Best Meditation for Overthinking & Anxiety

Today, I’m going to share a fabulous meditation script that can help us to reduce overthinking, and in turn find relief from the symptoms of anxiety.

My students in my meditation lessons tell me that they find this method exceedingly helpful for quieting the mind and stopping all that mental “busyness” that we all suffer from. 

It’s easy too! Simply follow the steps below. And also, read my guide to stopping negative thoughts

Guided Meditation For Overthinking & Anxiety

Overthinking Meditation Script

1: Sit with good posture

Our posture affects our state of mind. So it’s worth taking a moment to check that you have good posture

Place your feet shoulder-width apart, roll your shoulders back, evenly distribute your weight across your sitting muscles, sit with a straight but relaxed spine, and slightly lower your chin to elongate your neck.

We know from scientific research that posture affects mood. Good posture helps to increase focus, promote positive thoughts, and encourage self-esteem, according to research from The University of Auckland.

Having good posture will a) help to reduce rumination and anxiety, and b) help us focus for this meditation.

2: [Optional] Put your hands in Apan Vayu Mudra

We can use mudras to promote certain qualities of mind. For this meditation, we want a quiet and relaxed mind. And for that, we will use Apan Vayu mudra.

To do this, place your hands with the little finger straight. Let the third and fourth fingers touch the tip of the thumb. And curl the index finger so it touches the part of your hand just before your thumb.

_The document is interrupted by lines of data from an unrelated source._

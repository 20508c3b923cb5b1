-- ===== src/Service/Reconfigure.antt =====
-- EnclaveService.__init__ and EnclaveService._handle_reconfigure of enclave/main.py, for the client of
-- the language model. `lower` is `str.lower`.
pub mod Laws
use agentic_ai_tee.Base.{
  Bool, true, false, not, ◌&&◌, Option, none, some, List, [], ◌∷◌, if◌then◌else◌, is_empty, Text,
  codes, text_eq, Value, Fields, bool, str, dict, end, field,
}
use agentic_ai_tee.Base.Result.{Result, ok, err}
use agentic_ai_tee.Base.Optional.{◌>>=◌}
use agentic_ai_tee.Agent.LlmClient.Providers.{Client, create_llm_client}
use agentic_ai_tee.Vsock.Protocol.{MessageFrame}
use agentic_ai_tee.Service.State.{Config, State, text_or}

-- `{…}.get(config.llm_provider, "")`
unfoldable pub key_of : Config → Text
key_of config =
    if text_eq config.llm_provider (codes "anthropic")
    then config.llm_api_key
    else if text_eq config.llm_provider (codes "openai")
    then config.openai_api_key
    else if text_eq config.llm_provider (codes "gemini")
    then config.google_api_key
    else if text_eq config.llm_provider (codes "openrouter")
    then config.openrouter_api_key
    else if text_eq config.llm_provider (codes "groq")
    then config.groq_api_key
    else []

-- `base_url`, where Ollama's stands in for an empty one
unfoldable pub address_of : Config → Text → Text → Text
address_of config provider base_url =
    if text_eq provider (codes "ollama") && is_empty base_url
    then config.ollama_base_url
    else base_url

-- The client that the service starts with.
unfoldable pub initial_client : (Text → Text) → Config → Result Text Client
initial_client lower config =
    create_llm_client lower config.llm_provider config.llm_model (key_of config)
      (address_of config config.llm_provider config.llm_base_url)

-- `setattr(self.config, key_attr, api_key)`, for a provider that has a key
unfoldable pub set_key : Text → Text → Config → Config
set_key provider api_key config =
    if text_eq provider (codes "anthropic")
    then record config { llm_api_key = api_key }
    else if text_eq provider (codes "openai")
    then record config { openai_api_key = api_key }
    else if text_eq provider (codes "gemini")
    then record config { google_api_key = api_key }
    else if text_eq provider (codes "openrouter")
    then record config { openrouter_api_key = api_key }
    else if text_eq provider (codes "groq")
    then record config { groq_api_key = api_key }
    else config

-- What a payload asks for.
pub record Choice : Type 0 where
  pub provider : Text
  pub model : Text
  pub api_key : Text
  pub base_url : Text

unfoldable pub choice_of : Config → Value → Option Choice
choice_of config (dict payload) = do
  provider ← text_or payload (codes "provider") config.llm_provider
  model ← text_or payload (codes "model") config.llm_model
  api_key ← text_or payload (codes "api_key") []
  base_url ← text_or payload (codes "base_url") []
  some (record { provider = provider; model = model; api_key = api_key; base_url = base_url })
choice_of config _ = none

-- The configuration, which is changed before the client is created.
unfoldable pub chosen_config : Choice → Config → Config
chosen_config c config =
    let named = record config { llm_provider = c.provider; llm_model = c.model } in
    if is_empty c.api_key then named else set_key c.provider c.api_key named

unfoldable pub reconfigured : Value → Choice → MessageFrame
reconfigured request_id c = record {
  msg_type = str (codes "reconfigure_response");
  payload = dict (
      field (codes "success") (bool true)
        (field (codes "provider") (str c.provider) (field (codes "model") (str c.model) end)));
  request_id = request_id;
}

unfoldable pub not_reconfigured : Value → Text → MessageFrame
not_reconfigured request_id message = record {
  msg_type = str (codes "reconfigure_response");
  payload = dict (field (codes "success") (bool false) (field (codes "error") (str message) end));
  request_id = request_id;
}

-- The end of the handler, by what the factory gives; the state has the new configuration.
unfoldable pub swap_client :
    {L W : Type 0}
    → Value
    → Choice
    → Result Text Client
    → State L W
    → Result Text (Option MessageFrame) × State L W
swap_client request_id c (err message) s = (ok (some (not_reconfigured request_id message)), s)
swap_client request_id c (ok client) s =
    (ok (some (reconfigured request_id c)), record s { client = client })

module _ (lower : Text → Text) (unreadable : Text) {L W : Type 0} where
  unfoldable pub choose :
      Value → Option Choice → State L W → Result Text (Option MessageFrame) × State L W
  choose request_id none s = (err unreadable, s)
  choose request_id (some c) s =
      let config = chosen_config c s.config in
      swap_client request_id c
        (create_llm_client lower c.provider c.model c.api_key
          (address_of config c.provider c.base_url))
        (record s { config = config })

  unfoldable pub handle_reconfigure :
      MessageFrame → State L W → Result Text (Option MessageFrame) × State L W
  handle_reconfigure msg s = choose msg.request_id (choice_of s.config msg.payload) s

3: Close your eyes and take a few moments to relax

Because this is a meditation for excessive thinking, we need to quieten the mind just a little bit before we can start meditating. Otherwise, we will not be able to focus.

To do this, close your eyes and take a few deep breaths, so you start to relax. You may use Square Breathing to assist you (breathe in for four, hold for four, breathe out for four, hold for four). This is actually an effective form of breathwork for overthinkers.

Leah Brock [2] says, “Square Breathing promotes relaxation and leads to clearer thoughts, helping to reset emotional peaks.”

In some instances, you will find that when you close your eyes, your thoughts become louder and it is harder to focus. If this is the case for you, open your eyes and meditate the Zen way, which is another great meditation for overthinking. That is, sit in front of a blank wall with your eyes open, looking at a point 45 degrees below your regular line of sight. This will stop you from entering the “dream state” that closed eyes can produce. It will help you to focus.

4: Practice mindful breathing for a minimum of 27 breaths. To do this, simply observe your breath moving through your body.

Now that we are focusing, we can begin to soothe the mind. We are going to promote parasympathetic nervous system activity, reduce amygdala activity, reduce sympathetic nervous system activity, and start to balance the stress hormone cortisol. This will help with relaxation and well-being while also reducing stress.

We are also going to promote the activity of the limbic system, which is part of the brain involved with processing emotions.

If all that sounds difficult, don’t sweat. It’s a lot easier than it sounds. In fact, these are all things that happen through mindful breathing [3]. So, continue to observe your breath with a non-judgmental attitude.

5: Monitor when your mind is focused and when it gets consumed by thoughts. Say to yourself, “Mind leaving” when you lose focus, and then “Mind returning” when you regain focus.

One of the single most important parts of meditation is the process of observing the mind.

When we observe the mind, we gain insight into how it works. That insight helps to reduce anxiety and overthinking because it trains us to be non-reactive.

In the Buddhist text the Anapanasati Sutta [4], Buddha advised monks to practice the “4 Tetrads of Anapanasati”. The second tetrad is about observing mental activity.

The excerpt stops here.